TASK GOAL. Return, word for word, the lines of the listing below from the one with "pub rest : drop" through the one with "children.0 ≡ ok output", and no other lines.
===== RECORD EXCERPTS
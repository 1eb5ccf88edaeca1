-- ===== src/Cdb/Playlists/Rewrite.antt =====
-- What `rewrite_playlist` and `rewrite_playlist_dataset` return.
use libopod.Base.{
  min, ℕ, zero, suc, ◌≤◌, ◌≡◌, refl, sym, ap, ◌∙◌, true, not, List, [], ◌∷◌, ◌++◌, map, flatten,
  append-nil, append_assoc, arith,
}
use mathlib.Core.Path.{subst}
use libopod.Base.Tests.{ltb, ◌==◌, ==_iff}
use libopod.Base.Lists.{
  length, take, drop, slice, length-append, length-take, drop-append_at, drop_all,
}
use libopod.Error.{ok, >>=-eq-ok, ensure-eq-ok, ok-injective}
use libopod.Bytes.{read_u32}
use libopod.Cdb.Chunk.{chunk_header, mhyp, mhip, mhod, read_usize}
use libopod.Cdb.Chunk.Bounds.{chunk_header_bounds, read_usize_inv}
use libopod.Cdb.Chunk.Whole.{AllChunks}
use libopod.Cdb.Index.{finish_mhod}
use libopod.Cdb.Index.Writes.{finish_mhod_lem, finish_mhod-drop}
use libopod.Cdb.Tracks.{RemovedTrack}
use libopod.Cdb.Positions.{rewrite_mhip_position}
use libopod.Cdb.Positions.Moved.{IsMoved, rewrite_mhip_position-IsMoved}
use libopod.Cdb.Playlists.{
  Items, Removals, rewrite_mhod, walk_mhods, walk_mhips, append_mhips, rewrite_playlist,
}
use libopod.Cdb.Playlists.Items.{IsItems, kept_items, removed_values, AllRead, walk_mhips-IsItems}

-- each item moved up, in order
abbrev pub AllMoved : List ℕ → List (List ℕ) → List (List ℕ) → Type 0
AllMoved values [] [] = Unit {0}
AllMoved values [] (q ∷ qs) = ⊥
AllMoved values (p ∷ ps) [] = ⊥
AllMoved values (p ∷ ps) (q ∷ qs) = IsMoved values p q × AllMoved values ps qs

append_mhips_inv :
    (mhips : List (List ℕ)) (values output : List ℕ) {out : List ℕ}
    → append_mhips mhips values output ≡ ok out
    → (moved : List (List ℕ)) × AllMoved values mhips moved × (out ≡ output ++ flatten moved)
unfolding append_mhips flatten
append_mhips_inv [] values output e = ([], tt, sym (ok-injective e) ∙ sym (append-nil output))
append_mhips_inv (p ∷ ps) values output e =
    let (q, first, rest) = >>=-eq-ok (rewrite_mhip_position p values) _ e in
    let (qs, all, same) = append_mhips_inv ps values (output ++ q) rest in
    (
      q ∷ qs,
      (rewrite_mhip_position-IsMoved p values first, all),
      same ∙ append_assoc output q (flatten qs),
    )

-- The children of the header are written behind what is there.
walk_mhods_inv :
    (playlist positions : List ℕ) (left offset : ℕ) (output : List ℕ) (removals : Removals)
    {w : List ℕ × ℕ}
    → offset ≤ length playlist
    → walk_mhods playlist positions left offset output removals ≡ ok w
    → (w.1 ≤ length playlist) × ((children : List ℕ) × (w.0 ≡ output ++ children))
unfolding walk_mhods
walk_mhods_inv playlist positions zero offset output removals {w} inside e =
    let same : (output, offset) ≡ w = ok-injective e in
    (
      omega (arith, inside, ap (λ t. t.1) same),
      ([], sym (ap (λ t. t.0) same) ∙ sym (append-nil output)),
    )
walk_mhods_inv playlist positions (suc left) offset output removals inside e =
    let (h, header, e1) = >>=-eq-ok (chunk_header playlist offset mhod) _ e in
    let (r, _, e2) =
      >>=-eq-ok (rewrite_mhod (slice playlist offset h.end) h.header_length positions removals) _
        e1 in
    let b = chunk_header_bounds playlist offset mhod header in
    let (fits, (children, same)) =
      walk_mhods_inv playlist positions left h.end (output ++ r.0) r.1 b.2 e2 in
    (fits, (r.0 ++ children, same ∙ append_assoc output r.0 children))

-- `out` is the playlist `playlist` without the items of the removed tracks.
pub record IsKept (playlist : List ℕ) (removed : List RemovedTrack) (out : List ℕ) : Type 0 where
  pub items_at : ℕ
  pub new_items_at : ℕ
  pub items : List (List ℕ)
  pub moved : List (List ℕ)
  pub whole : drop items_at playlist ≡ flatten items
  pub all_mhip : AllChunks mhip items
  pub all_read : AllRead removed items
  pub old_count : read_u32 playlist 16 ≡ ok (length items)
  pub rest : drop new_items_at out ≡ flatten moved
  pub moved_are : AllMoved (removed_values removed [] items) (kept_items removed items) moved
  pub new_count : read_u32 out 16 ≡ ok (length (kept_items removed items))
  pub length_field : read_u32 out 8 ≡ ok (length out)

IsKept-finish :
    (playlist : List ℕ) (removed : List RemovedTrack) (children : List ℕ × ℕ) (head more : List ℕ)
    (mhip_count : ℕ) (w : Items) (output : List ℕ) {out : List ℕ}
    → 20 ≤ length head
    → children.0 ≡ head ++ more
    → read_u32 playlist 16 ≡ ok mhip_count
    → IsItems playlist removed mhip_count children.1 [] [] w
    → w.2 ≡ length playlist
    → append_mhips w.0 w.1 children.0 ≡ ok output
    → finish_mhod 12 output (length w.0) ≡ ok out
    → IsKept playlist removed out
IsKept-finish playlist removed children head more mhip_count w output {out} long same counted is
      ends appended finished =
    let (moved, all, written) = append_mhips_inv w.0 w.1 children.0 appended in
    let at_least : 20 ≤ length children.0 =
      omega (arith, ap length same, length-append head more, long) in
    let finish = finish_mhod_lem 12 output (length w.0) (omega arith) finished in
    record {
      items_at = children.1;
      new_items_at = length children.0;
      items = is.items;
      moved = moved;
      whole =
          is.cut
          ∙ ap (λ t. flatten is.items ++ t) (drop_all w.2 playlist (omega (arith, ends)))
          ∙ append-nil (flatten is.items);
      all_mhip = is.all_mhip;
      all_read = is.all_read;
      old_count = counted ∙ ap ok (sym is.number);
      rest =
          finish_mhod-drop 12 output (length w.0) (length children.0) (omega arith)
            (omega (arith, at_least)) finished
          ∙ ap (drop (length children.0)) written
          ∙ drop-append_at (length children.0) children.0 (flatten moved) refl;
      moved_are = moved_items is moved all;
      new_count = finish.2 ∙ ap (λ t. ok (length t)) is.kept_are;
      length_field = finish.1;
    }
  where
    moved_items :
        (i : IsItems playlist removed mhip_count children.1 [] [] w) (moved : List (List ℕ))
        → AllMoved w.1 w.0 moved
        → AllMoved (removed_values removed [] i.items) (kept_items removed i.items) moved
    moved_items i moved all =
        subst (λ t. AllMoved t (kept_items removed i.items) moved) i.values_are
          (subst (λ t. AllMoved w.1 t moved) i.kept_are all)

-- A playlist that is rewritten ended with as many items as its count field says, each one chunk with
-- the item's magic and of its own length. The new one ends with those that are of no removed track, by
-- the 32-bit ID at 0x18 or, where the item's header has 0x34 bytes or more, the 64-bit one at 0x2c. They
-- stand in their order, each with its length and its header kept. Where the first child of a kept item
-- holds a position inside its bytes, the place has the value that `renumber` gives for it and for the
-- positions read of the removed items; with no further child the rest of that item is kept too. The
-- position read of a removed item is that of its first child, where that holds one in the same way.
-- The new playlist's count and length fields say what it holds.
pub rewrite_playlist-IsKept :
    (playlist : List ℕ) (removed : List RemovedTrack) {out : List ℕ}
    → rewrite_playlist playlist removed ≡ ok out
    → IsKept playlist removed out
unfolding rewrite_playlist
rewrite_playlist-IsKept playlist removed e =
    let positions = map (λ (t : RemovedTrack). t.position) removed in
    let (h, header, e1) = >>=-eq-ok (chunk_header playlist 0 mhyp) _ e in
    let (long, e2) = ensure-eq-ok (not (ltb h.header_length 20)) _ _ e1 in
    let (mhod_count, _, e3) = >>=-eq-ok (read_usize playlist 12) _ e2 in
    let (mhip_count, counted, e4) = >>=-eq-ok (read_usize playlist 16) _ e3 in
    let (children, walked, e5) =
      >>=-eq-ok
        (walk_mhods playlist positions mhod_count h.header_length (take h.header_length playlist)
          [])
        _ e4 in
    let (items, gone, e6) =
      >>=-eq-ok (walk_mhips playlist removed mhip_count children.1 [] []) _ e5 in
    let (ends, e7) = ensure-eq-ok (items.2 == length playlist) _ _ e6 in
    let (output, appended, finished) = >>=-eq-ok (append_mhips items.0 items.1 children.0) _ e7 in
    let b = chunk_header_bounds playlist 0 mhyp header in
    let (fits, (more, same)) =
      walk_mhods_inv playlist positions mhod_count h.header_length (take h.header_length playlist)
        [] (omega (arith, b)) walked in
    IsKept-finish playlist removed children (take h.header_length playlist) more mhip_count items
      output
      (head_long h.header_length long (length-take h.header_length playlist) (omega (arith, b)))
      same (read_usize_inv playlist 16 counted).0
      (walk_mhips-IsItems playlist removed mhip_count children.1 [] [] fits gone)
      ((==_iff items.2 (length playlist)).0 ends) appended finished
  where
    head_long : (n : ℕ) {l m : ℕ} → not (ltb n 20) ≡ true → l ≡ min n m → n ≤ m → 20 ≤ l
    head_long n h e k = ground (arith, h, e)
==========
FINAL ANSWER.
  pub rest : drop new_items_at out ≡ flatten moved
  pub moved_are : AllMoved (removed_values removed [] items) (kept_items removed items) moved
  pub new_count : read_u32 out 16 ≡ ok (length (kept_items removed items))
  pub length_field : read_u32 out 8 ≡ ok (length out)

IsKept-finish :
    (playlist : List ℕ) (removed : List RemovedTrack) (children : List ℕ × ℕ) (head more : List ℕ)
    (mhip_count : ℕ) (w : Items) (output : List ℕ) {out : List ℕ}
    → 20 ≤ length head
    → children.0 ≡ head ++ more
    → read_u32 playlist 16 ≡ ok mhip_count
    → IsItems playlist removed mhip_count children.1 [] [] w
    → w.2 ≡ length playlist
    → append_mhips w.0 w.1 children.0 ≡ ok output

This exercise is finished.